C–H oxidation of 2-Bz with Fe (S,S-PDP) and identification of mono-oxidized products.

Figure 9

HPLC analysis of mono-oxidized derivatives (PDA: 254 nm detection).

2.4. Preparation of Hydroxycholesterols and Dihydroxycholesterols

Removal of the benzoyl groups of 6, 9, 10, 11, 13, 15, and 16 was conducted with diisobutylaluminum hydride (DIBAL-H) to give 25-HC (18), 20S-HC (19), 17α-HC (20), 17α,25-diHC (23), and 20S,25-diHC (24) in reasonable yields (Scheme 2).

Scheme 2

Preparation of 18–24.

3. Discussion

Several hydroxycholesterols and dihydroxycholesterols such as 20S-HC (19) [24,25,26,27] and 20S,25-diHC (24) [28,29] have previously been synthesized in a target-oriented manner by means of semi-synthetic approaches from available steroidal molecules. As far as we know, however, no chemical synthesis of 17α-HC (20), 14α-HC (21), 14α,25-diHC (22), and 17α,25-diHC (23) has yet been reported, though 20 was shown to be produced from cholesterol by P450l7α (CYP17A1) [30]. These D-ring-modified cholesterols are not easy to access directly by semi-synthesis from abundant steroidal molecules, highlighting the usefulness of the C–H oxidation strategy.

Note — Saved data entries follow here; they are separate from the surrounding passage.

-- ===== src/Mailbox/Area.antt =====
-- The shared memory area of a mailbox of mailbox_framework/kernel/mbox_kern.c and what is stored in it.
use native.Mathlib.Nat.{mod-lt}
use Prim.Native.Nat.{bit_and}
use c_data_structures.Prelude.{
  ℕ, ◌+◌, ◌*◌, ◌%◌, ◌<◌, ◌≤◌, ◌≡◌, ◌∙◌, inr, refl, ap, List, arith, ltb, leb, ◌==◌, if_intro,
  length,
}
use c_data_structures.Prelude.Int.{ℤ}
use c_data_structures.Mailbox.Memory.{Memory}
use c_data_structures.Mailbox.Types.{MboxQueue, Mailbox, u32}
use c_data_structures.Mailbox.Transfer.{
  unlocked, mbox_get_entry, mbox_enqueue, mbox_queue_full, flag_urgent,
}
use c_data_structures.Mailbox.Manage.{total_size, queue_size}
use c_data_structures.Mailbox.Letter.{fill_entry-outside}
use c_data_structures.Mailbox.RoundTrip.{unlocked-mailbox}

-- An entry with a payload that fits ends inside the area.
pub entry_ends :
    (q : MboxQueue) (idx size : ℕ)
    → 0 < q.depth
    → size ≤ q.msg_size
    → queue_size + mbox_get_entry q idx + 20 + size ≤ total_size q.depth q.msg_size
unfolding mbox_get_entry total_size
entry_ends q idx size deep fits =
    let inside : idx % q.depth < q.depth = mod-lt idx deep in
    let room : q.msg_size ≤ q.depth * q.msg_size = grind arith in
    let split : q.depth * (20 + q.msg_size) ≡ q.depth * 20 + q.depth * q.msg_size = grind arith in
    omega arith

-- `mbox_enqueue` changes no byte behind the shared memory area that `mbox_create` allocates for
-- the mailbox's depth and message size, whatever the payload's size; the depth is not 0.
pub mbox_enqueue-inside :
    (pid : ℕ) (mbox : Mailbox) (channel : ℕ) (payload : List ℕ) (flags i : ℕ)
    → 0 < mbox.queue.depth
    → total_size mbox.queue.depth mbox.queue.msg_size ≤ queue_size + i
    → (mbox_enqueue pid mbox channel payload flags).1.entries i ≡ mbox.entries i
unfolding mbox_enqueue mbox_queue_full
mbox_enqueue-inside pid mbox channel payload flags i deep beyond =
    let Goal : ℤ × Mailbox → Type 0 = λ t. t.1.entries i ≡ mbox.entries i in
    let q = mbox.queue in
    let same : (ret : ℤ) (m : Mailbox) → m.entries i ≡ mbox.entries i → Goal (unlocked ret m) =
      λ ret m e. ap (λ (f : Memory). f i) (unlocked-mailbox ret m).1 ∙ e in
    if_intro Goal (ltb q.msg_size (length payload)) _ _ (λ e. refl)
      (λ fits.
        if_intro Goal (leb q.depth q.count) _ _
          (λ full. same _ _ (
            if_intro (λ (m : Mailbox). m.entries i ≡ mbox.entries i)
              (bit_and flags flag_urgent == 0) _ _ (λ e. refl) (λ e. refl)))
          (λ room. same _ _ (
            fill_entry-outside mbox.entries (mbox_get_entry q q.head) (u32 (q.total_sent + 1)) pid
              channel flags payload i
              (inr (omega (arith, entry_ends q q.head (length payload) deep (ground arith)))))))
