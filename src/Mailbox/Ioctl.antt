-- ===== src/Mailbox/Ioctl.antt =====
-- `mbox_ioctl` of mailbox_framework/kernel/mbox_kern.c, one function per command.
use c_data_structures.Prelude.{ℕ, not, List, ltb, ◌==◌, if◌then◌else◌}
use c_data_structures.Prelude.Int.{ℤ, pos, negsuc}
use c_data_structures.Prelude.Run.{Run, ok, ◌>>=◌}
use c_data_structures.Mailbox.Types.{
  u32, int32, MboxQueue, Mailbox, RecvReq, MboxStats, FileData, minus_err_toobig, mbox_max_msg_size,
  enomem, efault, enodev, einval, enotty, enosys,
}
use c_data_structures.Mailbox.Receive.{Wait, mbox_dequeue}
use c_data_structures.Mailbox.Files.{
  Caller, Copied, nothing, request, statistics, Outcome, outcome, filled, recv_req_size,
}

-- The command and what the argument points at.
pub data Cmd : Type 0 where
  ioc_create : Cmd
  ioc_send : (size : ℕ) → Cmd
  ioc_recv : RecvReq → Cmd
  ioc_flush : Cmd
  ioc_stats : Cmd
  ioc_setflags : (arg : ℕ) → Cmd
  ioc_getflags : Cmd
  ioc_other : Cmd

-- `MBOX_IOC_SEND`.
unfoldable pub ioctl_send : Caller → (size : ℕ) → ℤ
ioctl_send caller size =
    if not caller.readable
    then efault
    else if ltb mbox_max_msg_size size
    then minus_err_toobig
    else if not caller.memory
    then enomem
    else einval

-- `MBOX_IOC_RECV` after `mbox_dequeue` returned; 6 and 7 are the negated error constants.
unfoldable pub received_request : Caller → RecvReq → ℤ → ℤ × Copied
received_request caller req (negsuc n) = (negsuc n, nothing)
received_request caller req (pos n) =
    let copied = caller.writable recv_req_size in
    if ltb 0 req.out_size
    then (if copied then (int32 req.out_size, request req) else (efault, nothing))
    else if n == 7
    then (if copied then (pos n, request req) else (efault, nothing))
    else if n == 6
    then (if copied then (pos n, request req) else (efault, nothing))
    else (pos n, nothing)

unfoldable pub ioctl_recv : Caller → List Wait → FileData → Mailbox → RecvReq → Run Outcome
ioctl_recv caller waits fd mbox req =
    if not caller.readable
    then ok (outcome fd mbox nothing efault)
    else if not caller.memory
    then ok (outcome fd mbox nothing enomem)
    else mbox_dequeue waits mbox req.channel_mask mbox.queue.msg_size (int32 req.timeout_ms)
      >>= λ (ret, got, after).
          let answer = received_request caller (filled req got) ret in
          ok (outcome fd after answer.1 answer.0)

-- `MBOX_IOC_FLUSH`.
unfoldable pub ioctl_flush : Mailbox → Mailbox
ioctl_flush mbox = record mbox { queue = record mbox.queue { head = 0; tail = 0; count = 0 } }

-- `MBOX_IOC_STATS`.
unfoldable pub ioctl_stats : MboxQueue → MboxStats
ioctl_stats q = record {
  messages_sent = q.total_sent;
  messages_recv = q.total_recv;
  messages_dropped = q.messages_dropped;
  current_depth = q.count;
  max_depth = q.depth;
  bytes_sent = q.bytes_sent;
  bytes_recv = q.bytes_recv;
}

-- `sizeof(mbox_stats_t)`.
abbrev pub stats_size : ℕ
stats_size = 40

-- The `switch` of `mbox_ioctl`.
unfoldable pub ioctl_switch : Caller → List Wait → FileData → Mailbox → Cmd → Run Outcome
ioctl_switch caller waits fd mbox ioc_create = ok (outcome fd mbox nothing enosys)
ioctl_switch caller waits fd mbox (ioc_send size) =
    ok (outcome fd mbox nothing (ioctl_send caller size))
ioctl_switch caller waits fd mbox (ioc_recv req) = ioctl_recv caller waits fd mbox req
ioctl_switch caller waits fd mbox ioc_flush = ok (outcome fd (ioctl_flush mbox) nothing (pos 0))
ioctl_switch caller waits fd mbox ioc_stats =
    if caller.writable stats_size
    then ok (outcome fd mbox (statistics (ioctl_stats mbox.queue)) (pos 0))
    else ok (outcome fd mbox nothing efault)
ioctl_switch caller waits fd mbox (ioc_setflags arg) =
    ok (outcome (record fd { channel_mask = u32 arg }) mbox nothing (pos 0))
ioctl_switch caller waits fd mbox ioc_getflags =
    ok (outcome fd mbox nothing (int32 fd.channel_mask))
ioctl_switch caller waits fd mbox ioc_other = ok (outcome fd mbox nothing enotty)

unfoldable pub mbox_ioctl : Caller → List Wait → FileData → Mailbox → Cmd → Run Outcome
mbox_ioctl caller waits fd mbox cmd =
    if fd.attached
    then ioctl_switch caller waits fd mbox cmd
    else ok (outcome fd mbox nothing enodev)
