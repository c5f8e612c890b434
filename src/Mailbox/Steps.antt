-- ===== src/Mailbox/Steps.antt =====
-- What the processes that share a mailbox of mailbox_framework/kernel/mbox_kern.c do to it, as a
-- step relation: each step is what one call does under the lock.
use mathlib.Core.Path.{subst}
use c_data_structures.Prelude.{
  ℕ, zero, suc, ◌<◌, ◌≤◌, ◌≡◌, refl, sym, not, Option, none, some, List, [], ◌∷◌, arith, leb,
  if_intro,
}
use c_data_structures.Prelude.Int.{ℤ, pos, negsuc}
use c_data_structures.Prelude.Run.{Run, ok, out_of_fuel, eq_of_ok, bind_inv, bind_ok}
use c_data_structures.Mailbox.Types.{Mailbox, Received, FileData}
use c_data_structures.Mailbox.Transfer.{mbox_enqueue}
use c_data_structures.Mailbox.Receive.{
  taken, find_entry, after_wait, take_message, Wait, Dequeued, wait_for_message, after_pass,
  mbox_dequeue,
}
use c_data_structures.Mailbox.Files.{Caller, mbox_open, mbox_release}
use c_data_structures.Mailbox.Ioctl.{ioctl_flush}
use c_data_structures.Mailbox.Manage.{new_mailbox}
use c_data_structures.Mailbox.Window.{
  IsQueue, Move, unmoved, Move-IsQueue, span, mbox_enqueue-Move, take_message-Move,
}

pub data Step (m : Mailbox) : Mailbox → Type 0 where
  opened : (caller : Caller) → Step m (mbox_open caller m).2
  released : (file : Option FileData) → Step m (mbox_release file m).1
  wrote :
      (pid channel : ℕ) (payload : List ℕ) (flags : ℕ)
      → Step m (mbox_enqueue pid m channel payload flags).1
  took :
      (mask max_size : ℕ) {r : Option Received × Mailbox}
      → take_message m mask max_size ≡ ok r
      → Step m r.1

pub data Steps (m : Mailbox) : Mailbox → Type 0 where
  start : Steps m m
  step : {m' m'' : Mailbox} → Steps m m' → Step m' m'' → Steps m m''
  flushed : {m' : Mailbox} → Steps m m' → Steps m (ioctl_flush m')

pub Step-Move : {m m' : Mailbox} → IsQueue m.queue → Step m m' → Move m.queue m'.queue
unfolding mbox_open mbox_release
Step-Move {m = m} h (opened caller) =
    if_intro (λ (t : ℤ × Option FileData × Mailbox). Move m.queue t.2.queue) (not caller.memory) _ _
      (λ e. unmoved) (λ e. unmoved)
Step-Move h (released none) = unmoved
Step-Move {m = m} h (released (some fd)) =
    if_intro (λ (t : Mailbox). Move m.queue t.queue) fd.attached _ _ (λ e. unmoved) (λ e. unmoved)
Step-Move {m = m} h (wrote pid channel payload flags) =
    mbox_enqueue-Move pid m channel payload flags
Step-Move {m = m} h (took mask max_size e) = take_message-Move m mask max_size h e

flush-IsQueue : (m : Mailbox) → IsQueue m.queue → IsQueue (ioctl_flush m).queue
unfolding ioctl_flush span
flush-IsQueue m h = ground arith

pub Steps-IsQueue : {m m' : Mailbox} → IsQueue m.queue → Steps m m' → IsQueue m'.queue
Steps-IsQueue h start = h
Steps-IsQueue h (step before s) =
    let h' = Steps-IsQueue h before in Move-IsQueue (Step-Move h' s) h'
Steps-IsQueue h (flushed before) = flush-IsQueue _ (Steps-IsQueue h before)

Steps-trans : {m m' m'' : Mailbox} → Steps m m' → Steps m' m'' → Steps m m''
Steps-trans p start = p
Steps-trans p (step q s) = step (Steps-trans p q) s
Steps-trans p (flushed q) = flushed (Steps-trans p q)

pub new_mailbox-IsQueue :
    (name : List ℕ) (id depth msg_size : ℕ)
    → 0 < depth
    → depth ≤ 4096
    → IsQueue (new_mailbox name id depth msg_size).queue
unfolding new_mailbox span
new_mailbox-IsQueue name id depth msg_size lo hi = ground arith

-- The other processes make steps while a receiver waits.
abbrev pub MakesSteps : Wait → Type 0
MakesSteps wait = (m : Mailbox) → Steps m (wait.others m)

abbrev pub AllMakeSteps : List Wait → Type 0
AllMakeSteps [] = Unit
AllMakeSteps (wait ∷ waits) = MakesSteps wait × AllMakeSteps waits

after_wait-Steps :
    (woken : ℤ) (again : Run Dequeued) (m m' : Mailbox) {r : Dequeued}
    → Steps m m'
    → (again ≡ ok r → Steps m r.2)
    → after_wait woken again m' ≡ ok r
    → Steps m r.2
unfolding after_wait
after_wait-Steps (pos zero) again m m' now next e =
    subst (λ (r : Dequeued). Steps m r.2) (eq_of_ok e) now
after_wait-Steps (pos (suc w)) again m m' now next e = next e
after_wait-Steps (negsuc w) again m m' now next e =
    subst (λ (r : Dequeued). Steps m r.2) (eq_of_ok e) now

wait_for_message-Steps :
    (wait : Wait) (again : Run Dequeued) (m : Mailbox) (n : ℕ) {r : Dequeued}
    → MakesSteps wait
    → (again ≡ ok r → Steps m r.2)
    → wait_for_message wait again m n ≡ ok r
    → Steps m r.2
unfolding wait_for_message
wait_for_message-Steps wait again m n {r = r} moves next =
    if_intro (λ (t : Run Dequeued). t ≡ ok r → Steps m r.2) (leb n wait.elapsed_ms) _ _
      (λ late e. subst (λ (r : Dequeued). Steps m r.2) (eq_of_ok e) start)
      (λ early. after_wait-Steps wait.woken again m (wait.others m) (moves m) next)

after_pass-Steps :
    (wait : Wait) (again : Run Dequeued) (t : ℤ) (m : Mailbox) (pass : Option Received × Mailbox)
    {r : Dequeued}
    → MakesSteps wait
    → Steps m pass.1
    → (pass.0 ≡ none → again ≡ ok r → Steps pass.1 r.2)
    → after_pass (some wait) again t pass ≡ ok r
    → Steps m r.2
unfolding after_pass
after_pass-Steps wait again t m (some x, mbox) moves now next e =
    subst (λ (r : Dequeued). Steps m r.2) (eq_of_ok e) now
after_pass-Steps wait again (negsuc n) m (none, mbox) moves now next e = ground arith
after_pass-Steps wait again (pos zero) m (none, mbox) moves now next e =
    subst (λ (r : Dequeued). Steps m r.2) (eq_of_ok e) now
after_pass-Steps wait again (pos (suc n)) m (none, mbox) moves now next e =
    Steps-trans now (wait_for_message-Steps wait again mbox (suc n) moves (next refl) e)

last_pass-Steps :
    (t : ℤ) (m : Mailbox) (pass : Option Received × Mailbox) {r : Dequeued}
    → Steps m pass.1
    → after_pass none out_of_fuel t pass ≡ ok r
    → Steps m r.2
unfolding after_pass
last_pass-Steps t m (some x, mbox) now e = subst (λ (r : Dequeued). Steps m r.2) (eq_of_ok e) now
last_pass-Steps (negsuc n) m (none, mbox) now e = ground arith
last_pass-Steps (pos zero) m (none, mbox) now e =
    subst (λ (r : Dequeued). Steps m r.2) (eq_of_ok e) now
last_pass-Steps (pos (suc n)) m (none, mbox) now e = ground arith

-- A pass without a message leaves the mailbox.
take_message-none :
    (m : Mailbox) (mask max_size : ℕ) {r : Option Received × Mailbox}
    → take_message m mask max_size ≡ ok r
    → r.0 ≡ none
    → r.1 ≡ m
unfolding take_message taken
take_message-none m mask max_size e =
    let (found, f, same) =
      bind_ok (find_entry m.queue.depth m.queue m.entries mask m.queue.tail) (taken m max_size) e in
    subst (λ (t : Option Received × Mailbox). t.0 ≡ none → t.1 ≡ m) same
      (elim found as (λ o. (taken m max_size o).0 ≡ none → (taken m max_size o).1 ≡ m) [
        | none ↦ (λ _. refl)
        | some j ↦ (λ bad. ground arith)
      ])

pub mbox_dequeue-Steps :
    (waits : List Wait) (m : Mailbox) (mask max_size : ℕ) (t : ℤ) {r : Dequeued}
    → AllMakeSteps waits
    → mbox_dequeue waits m mask max_size t ≡ ok r
    → Steps m r.2
unfolding mbox_dequeue
mbox_dequeue-Steps [] m mask max_size t moves e =
    let (pass, p, e') = bind_inv (take_message m mask max_size) (after_pass none out_of_fuel t) e in
    last_pass-Steps t m pass (step start (took mask max_size p)) e'
mbox_dequeue-Steps (wait ∷ waits) m mask max_size t {r = r} (moves, rest) e =
    let again = mbox_dequeue waits (wait.others m) mask max_size t in
    let (pass, p, e') =
      bind_inv (take_message m mask max_size) (after_pass (some wait) again t) e in
    after_pass-Steps wait again t m pass moves (step start (took mask max_size p))
      (λ nil e''.
        subst (λ (x : Mailbox). Steps x r.2) (sym (take_message-none m mask max_size p nil))
          (Steps-trans (moves m)
            (mbox_dequeue-Steps waits (wait.others m) mask max_size t rest e'')))
      e'
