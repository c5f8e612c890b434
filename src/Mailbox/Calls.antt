-- ===== src/Mailbox/Calls.antt =====
-- The file operations of mailbox_framework/kernel/mbox_kern.c as steps of the mailbox.
use mathlib.Core.Path.{subst}
use c_data_structures.Prelude.{
  ℕ, ◌≡◌, refl, sym, not, Option, List, arith, ltb, ◌||◌, ◌&&◌, if_intro, length, drop, get_or,
}
use c_data_structures.Prelude.Int.{ℤ, pos, negsuc}
use c_data_structures.Prelude.Run.{Run, ok, fault, ◌>>=◌, eq_of_ok, bind_inv}
use c_data_structures.Mailbox.Types.{Mailbox, Received, RecvReq, FileData}
use c_data_structures.Mailbox.Receive.{Wait, Dequeued, mbox_dequeue}
use c_data_structures.Mailbox.Files.{
  Caller, Outcome, Copied, outcome, nothing, mbox_write, read_simple, read_full, mbox_read,
  send_req_size, recv_req_size, field32,
}
use c_data_structures.Mailbox.Ioctl.{
  stats_size, ioctl_switch, Cmd, ioc_create, ioc_send, ioc_recv, ioc_flush, ioc_stats, ioc_setflags,
  ioc_getflags, ioc_other, mbox_ioctl, ioctl_recv,
}
use c_data_structures.Mailbox.Window.{IsQueue}
use c_data_structures.Mailbox.Steps.{
  Steps, start, step, flushed, wrote, AllMakeSteps, mbox_dequeue-Steps, Steps-IsQueue,
}

-- A call that returned made steps from `m`.
abbrev pub RetSteps : Mailbox → Run Outcome → Type 0
RetSteps m t = (r : Outcome) → t ≡ ok r → Steps m r.mbox

ok-Steps :
    {m m' : Mailbox} (fd : FileData) (c : Copied) (ret : ℤ)
    → Steps m m'
    → RetSteps m (ok (outcome fd m' c ret))
ok-Steps {m = m} fd c ret s r e = subst (λ (r : Outcome). Steps m r.mbox) (eq_of_ok e) s

fault-Steps : (m : Mailbox) → RetSteps m fault
fault-Steps m r e = ground arith

mbox_write-Steps :
    (caller : Caller) (fd : FileData) (m : Mailbox) (buf : List ℕ)
    → RetSteps m (mbox_write caller fd m buf)
unfolding mbox_write
mbox_write-Steps caller fd m buf =
    if_intro (RetSteps m) (not fd.attached) _ _ (λ e. fault-Steps m)
      (λ e.
        if_intro (RetSteps m) (ltb (length buf) send_req_size) _ _
          (λ e. ok-Steps fd nothing _ (step start (wrote caller.pid 0 buf 0)))
          (λ e.
            if_intro (RetSteps m) (not caller.readable) _ _ (λ e. ok-Steps fd nothing _ start)
              (λ e.
                if_intro (RetSteps m) (ltb m.queue.msg_size (length (drop send_req_size buf))) _ _
                  (λ e. ok-Steps fd nothing _ start)
                  (λ e. ok-Steps fd nothing _ (
                    step start (
                      wrote caller.pid (get_or buf 0 0) (drop send_req_size buf)
                        (field32 buf 8)))))))

read_simple-Steps :
    (caller : Caller) (fd : FileData) (m m' : Mailbox) (ret : ℤ) (got : Option Received)
    → Steps m m'
    → RetSteps m (read_simple caller fd m' ret got)
unfolding read_simple
read_simple-Steps caller fd m m' (negsuc n) got s = ok-Steps fd nothing _ s
read_simple-Steps caller fd m m' (pos n) got s =
    if_intro (RetSteps m) (((not caller.memory && ltb 0 n) || ltb m'.queue.msg_size n)) _ _
      (λ e. fault-Steps m)
      (λ e.
        if_intro (RetSteps m) (caller.writable n) _ _ (λ e. ok-Steps fd _ _ s)
          (λ e. ok-Steps fd nothing _ s))

read_full-mbox :
    (caller : Caller) (fd : FileData) (m : Mailbox) (req : RecvReq) (ret : ℤ)
    (got : Option Received)
    → (read_full caller fd m req ret got).mbox ≡ m
unfolding read_full
read_full-mbox caller fd m req (negsuc n) got = refl
read_full-mbox caller fd m req (pos n) got =
    if_intro (λ (r : Outcome). r.mbox ≡ m) (caller.writable recv_req_size) _ _ (λ e. refl)
      (λ e. refl)

bind-Steps :
    (waits : List Wait) (m : Mailbox) (mask max_size : ℕ) (t : ℤ) (f : Dequeued → Run Outcome)
    → AllMakeSteps waits
    → ((d : Dequeued) → Steps m d.2 → RetSteps m (f d))
    → RetSteps m (mbox_dequeue waits m mask max_size t >>= f)
bind-Steps waits m mask max_size t f moves next r e =
    let (d, p, e') = bind_inv (mbox_dequeue waits m mask max_size t) f e in
    next d (mbox_dequeue-Steps waits m mask max_size t moves p) r e'

mbox_read-Steps :
    (caller : Caller) (waits : List Wait) (fd : FileData) (m : Mailbox) (count : ℕ) (req : RecvReq)
    → AllMakeSteps waits
    → RetSteps m (mbox_read caller waits fd m count req)
unfolding mbox_read
mbox_read-Steps caller waits fd m count req moves =
    if_intro (RetSteps m) (not fd.attached) _ _ (λ e. fault-Steps m)
      (λ e.
        if_intro (RetSteps m) (ltb count recv_req_size) _ _
          (λ e.
            bind-Steps waits m _ _ _ _ moves (λ d s. read_simple-Steps caller fd m d.2 d.0 d.1 s))
          (λ e.
            if_intro (RetSteps m) (not caller.readable) _ _ (λ e. ok-Steps fd nothing _ start)
              (λ e. bind-Steps waits m _ _ _ _ moves (λ d s r e'.
                subst (λ (r : Outcome). Steps m r.mbox) (eq_of_ok e')
                  (subst (Steps m) (sym (read_full-mbox caller fd d.2 req d.0 d.1)) s)))))

ioctl_switch-Steps :
    (caller : Caller) (waits : List Wait) (fd : FileData) (m : Mailbox) (cmd : Cmd)
    → AllMakeSteps waits
    → RetSteps m (ioctl_switch caller waits fd m cmd)
unfolding ioctl_switch ioctl_recv
ioctl_switch-Steps caller waits fd m ioc_create moves = ok-Steps fd nothing _ start
ioctl_switch-Steps caller waits fd m (ioc_send size) moves = ok-Steps fd nothing _ start
ioctl_switch-Steps caller waits fd m (ioc_recv req) moves =
    if_intro (RetSteps m) (not caller.readable) _ _ (λ e. ok-Steps fd nothing _ start)
      (λ e.
        if_intro (RetSteps m) (not caller.memory) _ _ (λ e. ok-Steps fd nothing _ start)
          (λ e. bind-Steps waits m _ _ _ _ moves (λ d s. ok-Steps fd _ _ s)))
ioctl_switch-Steps caller waits fd m ioc_flush moves = ok-Steps fd nothing _ (flushed start)
ioctl_switch-Steps caller waits fd m ioc_stats moves =
    if_intro (RetSteps m) (caller.writable stats_size) _ _ (λ e. ok-Steps fd _ _ start)
      (λ e. ok-Steps fd nothing _ start)
ioctl_switch-Steps caller waits fd m (ioc_setflags arg) moves = ok-Steps _ nothing _ start
ioctl_switch-Steps caller waits fd m ioc_getflags moves = ok-Steps fd nothing _ start
ioctl_switch-Steps caller waits fd m ioc_other moves = ok-Steps fd nothing _ start

mbox_ioctl-Steps :
    (caller : Caller) (waits : List Wait) (fd : FileData) (m : Mailbox) (cmd : Cmd)
    → AllMakeSteps waits
    → RetSteps m (mbox_ioctl caller waits fd m cmd)
unfolding mbox_ioctl
mbox_ioctl-Steps caller waits fd m cmd moves =
    if_intro (RetSteps m) fd.attached _ _ (λ e. ioctl_switch-Steps caller waits fd m cmd moves)
      (λ e. ok-Steps fd nothing _ start)

-- One of the calls that use the queue.
pub data Call : Type 0 where
  write_call : (buf : List ℕ) → Call
  read_call : (count : ℕ) → RecvReq → Call
  ioctl_call : Cmd → Call

unfoldable pub perform : Caller → List Wait → FileData → Mailbox → Call → Run Outcome
perform caller waits fd m (write_call buf) = mbox_write caller fd m buf
perform caller waits fd m (read_call count req) = mbox_read caller waits fd m count req
perform caller waits fd m (ioctl_call cmd) = mbox_ioctl caller waits fd m cmd

perform-Steps :
    (caller : Caller) (waits : List Wait) (fd : FileData) (m : Mailbox) (call : Call)
    → AllMakeSteps waits
    → RetSteps m (perform caller waits fd m call)
unfolding perform
perform-Steps caller waits fd m (write_call buf) moves = mbox_write-Steps caller fd m buf
perform-Steps caller waits fd m (read_call count req) moves =
    mbox_read-Steps caller waits fd m count req moves
perform-Steps caller waits fd m (ioctl_call cmd) moves =
    mbox_ioctl-Steps caller waits fd m cmd moves

-- Every write, read and ioctl call that returns leaves a valid queue valid, while other
-- processes make steps during the waits: the distance from `tail` to `head` is at most `count`,
-- and `count` is at most `depth`.
pub perform-IsQueue :
    (caller : Caller) (waits : List Wait) (fd : FileData) (m : Mailbox) (call : Call) (r : Outcome)
    → AllMakeSteps waits
    → perform caller waits fd m call ≡ ok r
    → IsQueue m.queue
    → IsQueue r.mbox.queue
perform-IsQueue caller waits fd m call r moves e h =
    Steps-IsQueue h (perform-Steps caller waits fd m call moves r e)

The Ru (bpga)-catalyzed oxysterol synthesis by C–H oxidation offers two advantages. First, the catalyst loading can be suppressed to 2 moL%, although approximately 30% of the starting material was recovered. In addition, high tertiary C–H selectivity suppressed the formation of oxo-cholesterol derivatives. These features enabled facile separation of the obtained mixtures as well as selective formation of the targeted hydroxycholesterols. We did not investigate in detail the isolation of dihydroxycholesterols in the case of the Fe (S,S-PDP) catalytic system with a high catalyst loading, because of contamination with decomposition products probably derived from the Fe-complex. However, Fe-catalyzed C–H oxidation afforded 16-oxo cholesterol derivatives that was not formed in the Ru-catalyzed reaction, suggesting that other C–H oxidation catalysts might also produce different sets of oxysterols.

4. Materials and Methods

Oxidation of

To a 10 mL screw-cap vial was added 2-Bz (400 mg, 615 µmol, 1.0 equiv.), iodobenzene diacetate (PIDA, 198 mg, 615 µmol, 1.0 equiv.), H2O (30 μL), (CHCl2)2 (1.5 mL), and a magnetic stir bar. The vial was placed on an aluminum block at 30 °C, added [RuCl(bpga)(PPh3)]Cl (9.6 mg, 12 μmol, 2 mol%), and sealed with a screw cap. After stirring for 24 h, the suspended brown mixture was turned to be clear brown solution. Then PIDA (198 mg, 1.0 equiv.) was added to the mixture. After stirring for 41 h, the mixture was filtered through a pad of Celite® and concentrated. The residue was purified by silica gel column chromatography (eluent: hexane/EtOAc 50/1 to 1/2). to give less polar mixture A (263 mg), polar mixture B (95.3 mg), and a mixture of recovered 2-Bz and 3-Bz (111.4 mg, 28%, 2-Bz:3-Bz = 1:3).

5. Conclusions

Our C–H oxidation strategy using Ru(Bpga) catalyst afforded a set of four hydroxycholesterols and three dihydroxycholesterols that were readily separable. These oxysterols are expected to be useful as standard materials for lipidomics analysis as well as in bioactivity assay systems [31].